9. Pour déclarer irrecevables les demandes formées contre la polyclinique [7], l'arrêt énonce que le législateur a instauré un régime d'indemnisation spécifique des dommages les plus graves découlant des infections nosocomiales dont la réparation incombe exclusivement à l'Oniam en application de l'article L.1142-1-1, 1° du code de la santé publique et dont les dispositions s'imposent aux victimes.

10. En se déterminant ainsi, sans se prononcer sur la finalité de l'intervention en cause et sans permettre, en conséquence, à la Cour de cassation d'exercer son contrôle sur le régime d'indemnisation ou de responsabilité applicable, la cour d'appel n'a pas donné de base légale à sa décision au regard des textes susvisés.

Et sur le second moyen

Enoncé du moyen

11. Les consorts [Aa] font grief à l'arrêt de rejeter leur demande tendant à ordonner à la clinique de mettre l'Office national d'indemnisation des accidents médicaux, des affections iatrogènes et des infections nosocomiales (l'ONIAM) en cause, alors « qu'aux termes de l'article L. 1142-21, I, al. 1er du code de la santé publique🏛, lorsque la juridiction compétente, saisie d'une demande d'indemnisation des conséquences dommageables d'actes de prévention, de diagnostic ou de soins dans un établissement de santé, estime que les dommages subis sont indemnisables au titre du II de l'article L. 1142-1 ou au titre de l'article L. 1142-1-1, l'ONIAM est appelé en la cause s'il ne l'avait pas été initialement ; qu'en déboutant les consorts [Aa] de leur demande tendant à la mise en cause de l'ONIAM, après avoir constaté que les dommages subis étaient indemnisables au titre de l'article L. 1142- 1-1 du code de la santé publique et que « seul l'ONIAM est tenu d'en assurer la réparation », de sorte qu'il lui appartenait d'ordonner la mise en cause de cet organisme avant toute décision sur le fond, la cour d'appel a violé l'article L. 1142-21, I, al. 1er du code de la santé publique et l'article 332 du code de procédure civile🏛 »


Réponse de la Cour

Vu l'article L. 1142-21, alinéa 1, du code de la santé publique

12. Aux termes de ce texte, lorsque la juridiction compétente, saisie d'une demande d'indemnisation des conséquences dommageables d'actes de prévention, de diagnostic ou de soins dans un établissement de santé, estime que les dommages subis sont indemnisables au titre du II de l'article L. 1142-1 ou au titre de l'article L. 1142-1-1, l'office est appelé en la cause s'il ne l'avait pas été initialement.

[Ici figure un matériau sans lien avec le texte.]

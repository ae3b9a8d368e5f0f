-- ===== src/Executor.antt =====
-- The executor of background tasks: daemon/executor.h, daemon/executor.cc and the task of daemon/task.h.
-- A task is a number. The executor's thread and the others take turns; what a thread does while it holds
-- a lock, and each acquisition of a task's mutex, is one action.
pub mod InHand
pub mod Handover
pub mod Fifo
use memcached.Common.{
  ℕ, Bool, true, false, not, ◌==◌, ◌!=◌, ◌||◌, if◌then◌else◌, Option, none, some, List, [], ◌∷◌,
  ◌++◌,
}

pub data Owner : Type 0 where
  free worker backend : Owner

-- Where Executor::run stands, and the task that it holds there.
pub data Stage : Type 0 where
  idle draining stopped : Stage
  popped executing blocked parked finished : (task : ℕ) → Stage

-- `executor_of` and `owner` are the tasks' executor pointers and mutexes; `completed` are the calls of
-- notifyExecutionComplete, the last one first.
pub record Executor : Type 0 where
  pub self : ℕ
  pub runq : List ℕ
  pub waitq : List ℕ
  pub shutdown : Bool
  pub stage : Stage
  pub executor_of : ℕ → Option ℕ
  pub owner : ℕ → Owner
  pub completed : List ℕ

pub data Error : Type 0 where
  logic_error runtime_error : Error

pub data Result {ℓ} (A : Type ℓ) : Type ℓ where
  ok : A → Result A
  throw : Error → Result A

unfoldable pub in_waitq : ℕ → List ℕ → Bool
in_waitq t [] = false
in_waitq t (u ∷ waitq) = u == t || in_waitq t waitq

-- `waitq[task] = task`
unfoldable pub insert : ℕ → List ℕ → List ℕ
unfolding in_waitq
insert t waitq = if in_waitq t waitq then waitq else t ∷ waitq

unfoldable pub erase : ℕ → List ℕ → List ℕ
erase t [] = []
erase t (u ∷ waitq) = let rest = erase t waitq in if u == t then waitq else u ∷ rest

unfoldable pub set_owner : ℕ → Owner → Executor → Executor
set_owner t o e = record e { owner = λ u. if u == t then o else e.owner u }

abbrev pub is_free : Owner → Bool
is_free free = true
is_free _ = false

abbrev pub is_backend : Owner → Bool
is_backend backend = true
is_backend _ = false

-- Task::setExecutor throws where the task belongs to another executor.
unfoldable pub elsewhere : Executor → ℕ → Bool
elsewhere e t = elim (e.executor_of t) [ none ↦ false | some other ↦ other != e.self ]

-- Executor::schedule.
unfoldable pub schedule : ℕ → Bool → Executor → Result Executor
unfolding elsewhere insert
schedule t runnable e =
    if elsewhere e t
    then throw logic_error
    else ok (record e {
      executor_of = λ u. if u == t then some e.self else e.executor_of u;
      runq = if runnable then e.runq ++ t ∷ [] else e.runq;
      waitq = if runnable then e.waitq else insert t e.waitq;
    })

-- Executor::makeRunnable.
unfoldable pub make_runnable : ℕ → Executor → Result Executor
unfolding in_waitq erase
make_runnable t e =
    if is_free (e.owner t)
    then throw logic_error
    else (if in_waitq t e.waitq
        then ok (record e { runq = e.runq ++ t ∷ []; waitq = erase t e.waitq })
        else throw runtime_error)

-- The actions of the executor's thread, and of the others. `call_execute` carries what the task's execute
-- returns.
pub data Action : Type 0 where
  pop lock_task put_in_waitq unlock_task notify see_shutdown see_drained : Action
  call_execute : Bool → Action
  backend_lock backend_unlock call_make_runnable : ℕ → Action
  call_schedule : ℕ → Bool → Action
  request_shutdown : Action

-- A caller's exception leaves the executor as it was.
unfoldable pub after_call : Executor → Result Executor → Executor
after_call e (ok e') = e'
after_call e (throw error) = e

-- The turn of Executor::run's loop that starts at `stage`; none where the thread has to wait, or stands
-- elsewhere.
unfoldable pub pop_front : Stage → Bool → List ℕ → Executor → Option Executor
pop_front idle false (t ∷ runq) e = some (record e { stage = popped t; runq = runq })
pop_front _ shutdown runq e = none

unfoldable pub take_mutex : Stage → Executor → Option Executor
unfolding set_owner
take_mutex (popped t) e =
    if is_free (e.owner t)
    then some (record (set_owner t worker e) { stage = executing t })
    else none
take_mutex _ e = none

unfoldable pub run_execute : Stage → Bool → Executor → Option Executor
unfolding set_owner
run_execute (executing t) true e = some (record (set_owner t free e) { stage = finished t })
run_execute (executing t) false e = some (record e { stage = blocked t })
run_execute _ result e = none

unfoldable pub park : Stage → Executor → Option Executor
unfolding insert
park (blocked t) e = some (record e { stage = parked t; waitq = insert t e.waitq })
park _ e = none

unfoldable pub unlock : Stage → Executor → Option Executor
unfolding set_owner
unlock (parked t) e = some (record (set_owner t free e) { stage = idle })
unlock _ e = none

unfoldable pub notify_done : Stage → Executor → Option Executor
notify_done (finished t) e = some (record e { stage = idle; completed = t ∷ e.completed })
notify_done _ e = none

unfoldable pub leave_loop : Stage → Bool → Executor → Option Executor
leave_loop idle true e = some (record e { stage = draining })
leave_loop _ shutdown e = none

unfoldable pub drained : Stage → List ℕ → Executor → Option Executor
drained draining [] e = some (record e { stage = stopped })
drained _ waitq e = none

unfoldable pub act : Action → Executor → Option Executor
unfolding pop_front take_mutex run_execute park unlock notify_done leave_loop drained set_owner
    after_call schedule make_runnable
act pop e = pop_front e.stage e.shutdown e.runq e
act lock_task e = take_mutex e.stage e
act (call_execute result) e = run_execute e.stage result e
act put_in_waitq e = park e.stage e
act unlock_task e = unlock e.stage e
act notify e = notify_done e.stage e
act see_shutdown e = leave_loop e.stage e.shutdown e
act see_drained e = drained e.stage e.waitq e
act (backend_lock t) e = if is_free (e.owner t) then some (set_owner t backend e) else none
act (backend_unlock t) e = if is_backend (e.owner t) then some (set_owner t free e) else none
act (call_make_runnable t) e = some (after_call e (make_runnable t e))
act (call_schedule t runnable) e = some (after_call e (schedule t runnable e))
act request_shutdown e = some (record e { shutdown = true })

-- Any interleaving.
unfoldable pub act_all : List Action → Executor → Option Executor
unfolding act
act_all [] e = some e
act_all (a ∷ actions) e = elim (act a e) [ none ↦ none | some e' ↦ act_all actions e' ]

-- A new executor whose thread has started, and tasks that no one has scheduled.
unfoldable pub new_executor : ℕ → Executor
new_executor self = record {
  self = self;
  runq = [];
  waitq = [];
  shutdown = false;
  stage = idle;
  executor_of = λ t. none;
  owner = λ t. free;
  completed = [];
}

Il devient défendeur en la procédure.

13. Pour écarter la demande des consorts [E] d'ordonner à la clinique de mettre en cause l'ONIAM, l'arrêt énonce que les dispositions de l'article L. 1142-1-1, 1° s'imposent aux victimes qui doivent former leurs demandes d'indemnisation contre celui-ci.

14. En statuant ainsi, la cour d'appel a violé le texte susvisé.



PAR CES MOTIFS, et sans qu'il y ait lieu de statuer sur le premier moyen, la Cour :

CASSE ET ANNULE, en toutes ses dispositions, l'arrêt rendu le 16 décembre 2021, entre les parties, par la cour d'appel de Nîmes ;

Remet l'affaire et les parties dans l'état où elles se trouvaient avant cet arrêt et les renvoie devant la cour d'appel de Montpellier ;

Condamne la société Polyclique [7] aux dépens ;

En application de l'article 700 du code de procédure civile🏛, rejette la demande.

Dit que sur les diligences du procureur général près la Cour de cassation, le présent arrêt sera transmis pour être transcrit en marge ou à la suite de l'arrêt cassé ;

Ainsi fait et jugé par la Cour de cassation, première chambre civile, et prononcé par le président en son audience publique du quatorze juin deux mille vingt-trois.